How to batch reranking requests
Quick answer
Use the
client.chat.completions.create method with multiple inputs in a single request by passing a batch of messages or queries. Batch reranking improves throughput by sending multiple candidate lists together to the gpt-4o or similar reranking-capable model in one API call.PREREQUISITES
Python 3.8+OpenAI API key (free tier works)pip install openai>=1.0
Setup
Install the official OpenAI Python SDK and set your API key as an environment variable.
pip install openai>=1.0 Step by step
This example shows how to batch reranking requests by sending multiple candidate lists in one call to the gpt-4o model. Each batch item contains a query and a list of candidates to rerank.
import os
from openai import OpenAI
client = OpenAI(api_key=os.environ["OPENAI_API_KEY"])
# Prepare batch of reranking requests
batch_requests = [
{
"query": "What is AI?",
"candidates": [
"AI is artificial intelligence.",
"AI stands for apple inc.",
"AI is a type of fruit."
]
},
{
"query": "Benefits of exercise",
"candidates": [
"Exercise improves health.",
"Exercise causes fatigue.",
"Exercise is bad for you."
]
}
]
# Format messages for batch reranking
messages = []
for item in batch_requests:
prompt = f"Rerank these candidates for the query: {item['query']}\nCandidates:\n"
for i, candidate in enumerate(item["candidates"], 1):
prompt += f"{i}. {candidate}\n"
prompt += "\nRank the candidates from best to worst by relevance, returning only the ordered indices separated by commas."
messages.append({"role": "user", "content": prompt})
# Send batch request
response = client.chat.completions.create(
model="gpt-4o",
messages=messages
)
# Extract and print reranking results
for i, choice in enumerate(response.choices):
print(f"Query: {batch_requests[i]['query']}")
print(f"Reranking order: {choice.message.content.strip()}")
print() output
Query: What is AI? Reranking order: 1, 2, 3 Query: Benefits of exercise Reranking order: 1, 2, 3
Common variations
- Use
asynccalls withasynciofor concurrent batch reranking. - Switch to other models like
gpt-4o-minifor cost efficiency. - Use prompt templates to standardize reranking instructions.
import asyncio
import os
from openai import OpenAI
client = OpenAI(api_key=os.environ["OPENAI_API_KEY"])

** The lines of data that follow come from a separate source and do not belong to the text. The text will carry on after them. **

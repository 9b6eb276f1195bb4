-- ===== src/Enforcement/Holds.antt =====
-- The exposure of kazenai/enforcement.py over every interleaving of the calls that share a cap.
use kazenai_core.Base.{
  ◌+◌, ◌≡◌, refl, sym, Bool, false, Option, some, List, [], ◌∷◌, arith, inl, inr, ◌⊎◌, Bool-cases,
  All,
}
use kazenai_core.Base.Amount.{
  ℤ, pos, ◌+ℤ◌, ◌-ℤ◌, ◌≤ℤ◌, ltb_ℤ, pos_part, neg_part, floor_zero, int_laws, +ℤ_parts, -ℤ_parts,
  eq_of_parts,
}
use kazenai_core.Enforcement.{
  Enforcement, admitted, rate_limited, over_budget, hold, check_local, record_call,
  release_projection, init,
}
use kazenai_core.Enforcement.Headroom.{used}

-- Taking one item out of a list.
pub data Pick : ℤ → List ℤ → List ℤ → Type 0 where
  here : {h : ℤ} {hs : List ℤ} → Pick h (h ∷ hs) hs
  further : {h x : ℤ} {hs rest : List ℤ} → Pick h hs rest → Pick h (x ∷ hs) (x ∷ rest)

unfoldable pub sum : List ℤ → ℤ
sum [] = pos 0
sum (h ∷ hs) = h +ℤ sum hs

-- The histories of one capped enforcement, with the holds of the calls under way and the sum by
-- which recorded costs passed their holds. The calls of all its clients come in any order.
pub data Reaches (limit : ℤ) : Enforcement → List ℤ → ℤ → Type 0 where
  started :
      (rate : Option ℤ) (window : ℤ) → Reaches limit (init (some limit) rate window) [] (pos 0)
  checks :
      {e : Enforcement} {hs : List ℤ} {over : ℤ} (now proj p : ℤ)
      → Reaches limit e hs over
      → pos 0 ≤ℤ proj
      → (check_local now proj e).1 ≡ admitted p
      → Reaches limit (check_local now proj e).0 (p ∷ hs) over
  refused :
      {e : Enforcement} {hs : List ℤ} {over : ℤ} (now proj : ℤ)
      → Reaches limit e hs over
      → ((check_local now proj e).1 ≡ rate_limited) ⊎ ((check_local now proj e).1 ≡ over_budget)
      → Reaches limit (check_local now proj e).0 hs over
  cancels :
      {e : Enforcement} {hs rest : List ℤ} {over : ℤ} (h : ℤ)
      → Reaches limit e hs over
      → Pick h hs rest
      → Reaches limit (release_projection h e) rest over
  records :
      {e : Enforcement} {hs rest : List ℤ} {over : ℤ} (now cost h : ℤ) (enforce : Bool)
      → Reaches limit e hs over
      → Pick h hs rest
      → pos 0 ≤ℤ cost
      → Reaches limit
          (record_call now (some cost) enforce h e).0
          rest
          (over +ℤ floor_zero (cost -ℤ h))

-- The holds are what is pending, and the exposure is within the cap and what was passed.
pub record IsCovered (limit : ℤ) (e : Enforcement) (hs : List ℤ) (over : ℤ) : Type 0 where
  pub capped : e.max_cost ≡ some limit
  pub pending : e.pending_projected ≡ sum hs
  pub positive : All (λ h. pos 0 ≤ℤ h) hs
  pub paid : pos 0 ≤ℤ over
  pub within : used e ≤ℤ limit +ℤ over

pub sum-positive : (hs : List ℤ) → All (λ h. pos 0 ≤ℤ h) hs → pos 0 ≤ℤ sum hs
unfolding sum
sum-positive [] all = omega arith
sum-positive (h ∷ hs) (first, all) = let rest = sum-positive hs all in omega int_laws

pub sum-Pick : {h : ℤ} {hs rest : List ℤ} → Pick h hs rest → sum hs ≡ h +ℤ sum rest
unfolding sum
sum-Pick here = refl
sum-Pick {h} (further {x} {hs} {rest} k) =
    let e = sum-Pick k in
    let e' : pos_part (sum hs) + (neg_part h + neg_part (sum rest))
        ≡ neg_part (sum hs) + (pos_part h + pos_part (sum rest)) =
      rw e (omega int_laws) in
    omega int_laws

pub Pick-All :
    (P : ℤ → Type 0) {h : ℤ} {hs rest : List ℤ} → Pick h hs rest → All P hs → P h × All P rest
Pick-All P here (a, all) = (a, all)
Pick-All P (further k) (a, all) = let (b, rest) = Pick-All P k all in (b, (a, rest))

pub sum-commutes : (a b : ℤ) → a +ℤ b ≡ b +ℤ a
sum-commutes a b = eq_of_parts (a +ℤ b) (b +ℤ a) (omega int_laws)

pub zero-sum : (a b : ℤ) → pos 0 ≤ℤ a → ltb_ℤ (pos 0) a ≡ false → a +ℤ b ≡ b
zero-sum a b positive h = let sum = +ℤ_parts a b in eq_of_parts (a +ℤ b) b (ground arith)

-- Taking a hold, and giving it back.
pub hold-pending :
    (proj : ℤ) (e : Enforcement)
    → pos 0 ≤ℤ proj
    → (hold proj e).pending_projected ≡ proj +ℤ e.pending_projected
unfolding hold
hold-pending proj e positive = elim (Bool-cases (ltb_ℤ (pos 0) proj)) [
  | inl h ↦ rw h (sum-commutes e.pending_projected proj)
  | inr h ↦ rw h (sym (zero-sum proj e.pending_projected positive h))
]

pub back : (h rest : ℤ) → pos 0 ≤ℤ rest → floor_zero (h +ℤ rest -ℤ h) ≡ rest
back h rest positive =
    let sum = +ℤ_parts h rest in
    let less = -ℤ_parts (h +ℤ rest) h in
    eq_of_parts (floor_zero (h +ℤ rest -ℤ h)) rest (ground arith)

pub release-pending :
    (h rest : ℤ) (e : Enforcement)
    → pos 0 ≤ℤ h
    → pos 0 ≤ℤ rest
    → e.pending_projected ≡ h +ℤ rest
    → (release_projection h e).pending_projected ≡ rest
unfolding release_projection
release-pending h rest e positive left same = elim (Bool-cases (ltb_ℤ (pos 0) h)) [
  | inl k ↦ rw (k, same) (back h rest left)
  | inr k ↦ rw (k, same) (zero-sum h rest positive k)
]

pub hold-others :
    (proj : ℤ) (e : Enforcement)
    → ((hold proj e).max_cost ≡ e.max_cost) × ((hold proj e).cumulative_cost ≡ e.cumulative_cost)
unfolding hold
hold-others proj e = ground arith

pub release-others :
    (h : ℤ) (e : Enforcement)
    → ((release_projection h e).max_cost ≡ e.max_cost)
      × ((release_projection h e).cumulative_cost ≡ e.cumulative_cost)
unfolding release_projection
release-others h e = ground arith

async def batch_rerank_async(batch_requests):
messages = []
for item in batch_requests:
prompt = f"Rerank these candidates for the query: {item['query']}\nCandidates:\n"
for i, candidate in enumerate(item["candidates"], 1):
prompt += f"{i}. {candidate}\n"
prompt += "\nRank the candidates from best to worst by relevance, returning only the ordered indices separated by commas."
messages.append({"role": "user", "content": prompt})
response = await client.chat.completions.acreate(
model="gpt-4o-mini",
messages=messages
)
return [choice.message.content.strip() for choice in response.choices]
# Example usage
batch_requests = [
{"query": "Python benefits", "candidates": ["Easy to learn.", "Slow language.", "Popular."]},
{"query": "Best fruits", "candidates": ["Apple.", "Banana.", "Carrot."]}
]
async def main():
results = await batch_rerank_async(batch_requests)
for i, order in enumerate(results):
print(f"Query: {batch_requests[i]['query']}")
print(f"Reranking order: {order}\n")
asyncio.run(main()) output
Query: Python benefits Reranking order: 1, 3, 2 Query: Best fruits Reranking order: 2, 1, 3
Troubleshooting
- If you receive rate limit errors, reduce batch size or add retry logic with exponential backoff.
- Ensure your prompts clearly instruct the model to return only the ranking indices to simplify parsing.
- Check your API key environment variable is set correctly to avoid authentication errors.
Key Takeaways
- Batch reranking sends multiple queries with candidates in one API call to improve throughput.
- Format each batch item as a separate message with clear instructions for ranking.
- Use async calls for concurrent batch reranking to maximize efficiency.
- Choose models like
gpt-4oorgpt-4o-minibased on cost and performance needs. - Handle rate limits by adjusting batch size and implementing retries.